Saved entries
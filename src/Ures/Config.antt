-- ===== src/Ures/Config.antt =====
-- src/ures/types.h and src/ures/config.c: the responder's configuration and its options. What
-- `print_usage` and `log_config` print is left out.
pub mod Laws
pub mod Shown
pub mod Usage
use nemo_core.Prelude.{
  ℕ, ◌+◌, Bool, true, false, Option, none, some, List, [], ◌∷◌, ◌==◌, leb, if◌then◌else◌, set,
  replicate,
}
use nemo_core.Parse.{Text, Libc, parse_uint64, parse_time_unit, parse_memory_unit, parse_scalar}
use nemo_core.Options.{Action, next, refused, exits, Opt, Getopt, store, run_options}

abbrev pub plug_max : ℕ
plug_max = 32

abbrev pub uint64_max : ℕ
uint64_max = 18446744073709551615

abbrev pub payload_size : ℕ
payload_size = 128

pub record Config : Type 0 where
  pub cf_plgs : List (Option Text)
  pub cf_port : ℕ
  pub cf_rbuf : ℕ
  pub cf_sbuf : ℕ
  pub cf_key : ℕ
  pub cf_ttl : ℕ
  pub cf_ito : ℕ
  pub cf_len : ℕ
  pub cf_err : Bool
  pub cf_ipv4 : Bool
  pub cf_llvl : ℕ
  pub cf_lcol : Bool
  pub cf_mono : Bool
  pub cf_sil : Bool

-- The configuration, and the static counter of `option_a`.
pub record Parsing : Type 0 where
  pub cf : Config
  pub attached : ℕ

unfoldable pub set_defaults : Config
set_defaults = record {
  cf_plgs = replicate plug_max none;
  cf_port = 23000;
  cf_rbuf = 2000000;
  cf_sbuf = 2000000;
  cf_key = 0;
  cf_ttl = 64;
  cf_ito = 0;
  cf_len = 0;
  cf_err = false;
  cf_ipv4 = true;
  cf_llvl = 1;
  cf_lcol = true;
  cf_mono = false;
  cf_sil = false;
}

abbrev with_cf : Parsing → Config → Parsing
with_cf s c = record s { cf = c }

unfoldable pub option_6 : Text → Parsing → Action Parsing
option_6 arg s = next (with_cf s (record (s.cf) { cf_ipv4 = false }))

unfoldable pub option_a : Text → Parsing → Action Parsing
option_a arg s =
    if leb plug_max s.attached
    then refused
    else next (record {
      cf = record (s.cf) { cf_plgs = set s.cf.cf_plgs s.attached (some arg) };
      attached = s.attached + 1;
    })

unfoldable pub option_e : Text → Parsing → Action Parsing
option_e arg s = next (with_cf s (record (s.cf) { cf_err = true }))

unfoldable pub option_h : Text → Parsing → Action Parsing
option_h arg s = exits

unfoldable pub option_m : Text → Parsing → Action Parsing
option_m arg s = next (with_cf s (record (s.cf) { cf_mono = true }))

unfoldable pub option_n : Text → Parsing → Action Parsing
option_n arg s = next (with_cf s (record (s.cf) { cf_lcol = false }))

unfoldable pub option_q : Text → Parsing → Action Parsing
option_q arg s = next (with_cf s (record (s.cf) { cf_sil = true }))

-- The four tests of `option_v`, in their order. The levels are LL_ERROR 0 to LL_TRACE 4.
unfoldable pub raise_level : ℕ → ℕ
raise_level l =
    let l1 = if l == 3 then 4 else l in
    let l2 = if l1 == 2 then 3 else l1 in
    let l3 = if l2 == 1 then 2 else l2 in if l3 == 0 then 1 else l3

unfoldable pub option_v : Text → Parsing → Action Parsing
unfolding raise_level
option_v arg s = next (with_cf s (record (s.cf) { cf_llvl = raise_level s.cf.cf_llvl }))

module _ (c : Libc) where
  unfoldable pub option_d : Text → Parsing → Action Parsing
  option_d arg s =
      store (parse_scalar c arg 1 uint64_max (parse_time_unit c))
        λ x. with_cf s (record (s.cf) { cf_ito = x })

  unfoldable pub option_k : Text → Parsing → Action Parsing
  option_k arg s =
      store (parse_uint64 c arg 1 uint64_max) λ x. with_cf s (record (s.cf) { cf_key = x })

  unfoldable pub option_l : Text → Parsing → Action Parsing
  option_l arg s =
      store (parse_scalar c arg payload_size 64436 (parse_memory_unit c))
        λ x. with_cf s (record (s.cf) { cf_len = x })

  unfoldable pub option_p : Text → Parsing → Action Parsing
  option_p arg s = store (parse_uint64 c arg 1 65535) λ x. with_cf s (record (s.cf) { cf_port = x })

  -- SIZE_MAX of a 64-bit host.
  unfoldable pub option_r : Text → Parsing → Action Parsing
  option_r arg s =
      store (parse_scalar c arg payload_size uint64_max (parse_memory_unit c))
        λ x. with_cf s (record (s.cf) { cf_rbuf = x })

  unfoldable pub option_s : Text → Parsing → Action Parsing
  option_s arg s =
      store (parse_scalar c arg payload_size uint64_max (parse_memory_unit c))
        λ x. with_cf s (record (s.cf) { cf_sbuf = x })

  unfoldable pub option_t : Text → Parsing → Action Parsing
  option_t arg s = store (parse_uint64 c arg 1 255) λ x. with_cf s (record (s.cf) { cf_ttl = x })

  abbrev pub flag : ℕ → (Text → Parsing → Action Parsing) → Opt Parsing
  flag n act = record { op_name = n; op_arg = false; op_act = act }

  abbrev pub valued : ℕ → (Text → Parsing → Action Parsing) → Opt Parsing
  valued n act = record { op_name = n; op_arg = true; op_act = act }

  unfoldable pub opts : List (Opt Parsing)
  opts =
      flag b'6' option_6
      ∷ valued b'a' option_a
      ∷ valued b'd' option_d
      ∷ flag b'e' option_e
      ∷ flag b'h' option_h
      ∷ valued b'k' option_k
      ∷ valued b'l' option_l
      ∷ flag b'm' option_m
      ∷ flag b'n' option_n
      ∷ valued b'p' option_p
      ∷ flag b'q' option_q
      ∷ valued b'r' option_r
      ∷ valued b's' option_s
      ∷ valued b't' option_t
      ∷ flag b'v' option_v
      ∷ []

  -- `gs` is what getopt(3) returns before its -1, and `positional` is `argc - optind` after it.
  unfoldable pub parse_config : List Getopt → ℕ → Action Parsing
  unfolding set_defaults
  parse_config gs positional =
      elim (run_options opts gs (record { cf = set_defaults; attached = 0 })) [
        | next s ↦ if positional == 0 then next s else refused
        | refused ↦ refused
        | exits ↦ exits
      ]
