-- ===== src/Now.antt =====
-- src/common/now.c: the readings of the two clocks. What clock_gettime(2) stores is an argument.
use nemo_core.Prelude.{ℕ}
use nemo_core.Convert.{Timespec, tnanos}

-- A reading of each clock.
pub record Clocks : Type 0 where
  pub mono : ℕ
  pub real : ℕ

unfoldable pub real_now : Timespec → ℕ
real_now ts = tnanos ts

unfoldable pub mono_now : Timespec → ℕ
mono_now ts = tnanos ts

▶ **Assigned task**:
Repeat word for word each line from the one with "pub real : ℕ" to the end of the records above, inclusive.

▶ **Response area**:
  pub real : ℕ

unfoldable pub real_now : Timespec → ℕ
real_now ts = tnanos ts

unfoldable pub mono_now : Timespec → ℕ
mono_now ts = tnanos ts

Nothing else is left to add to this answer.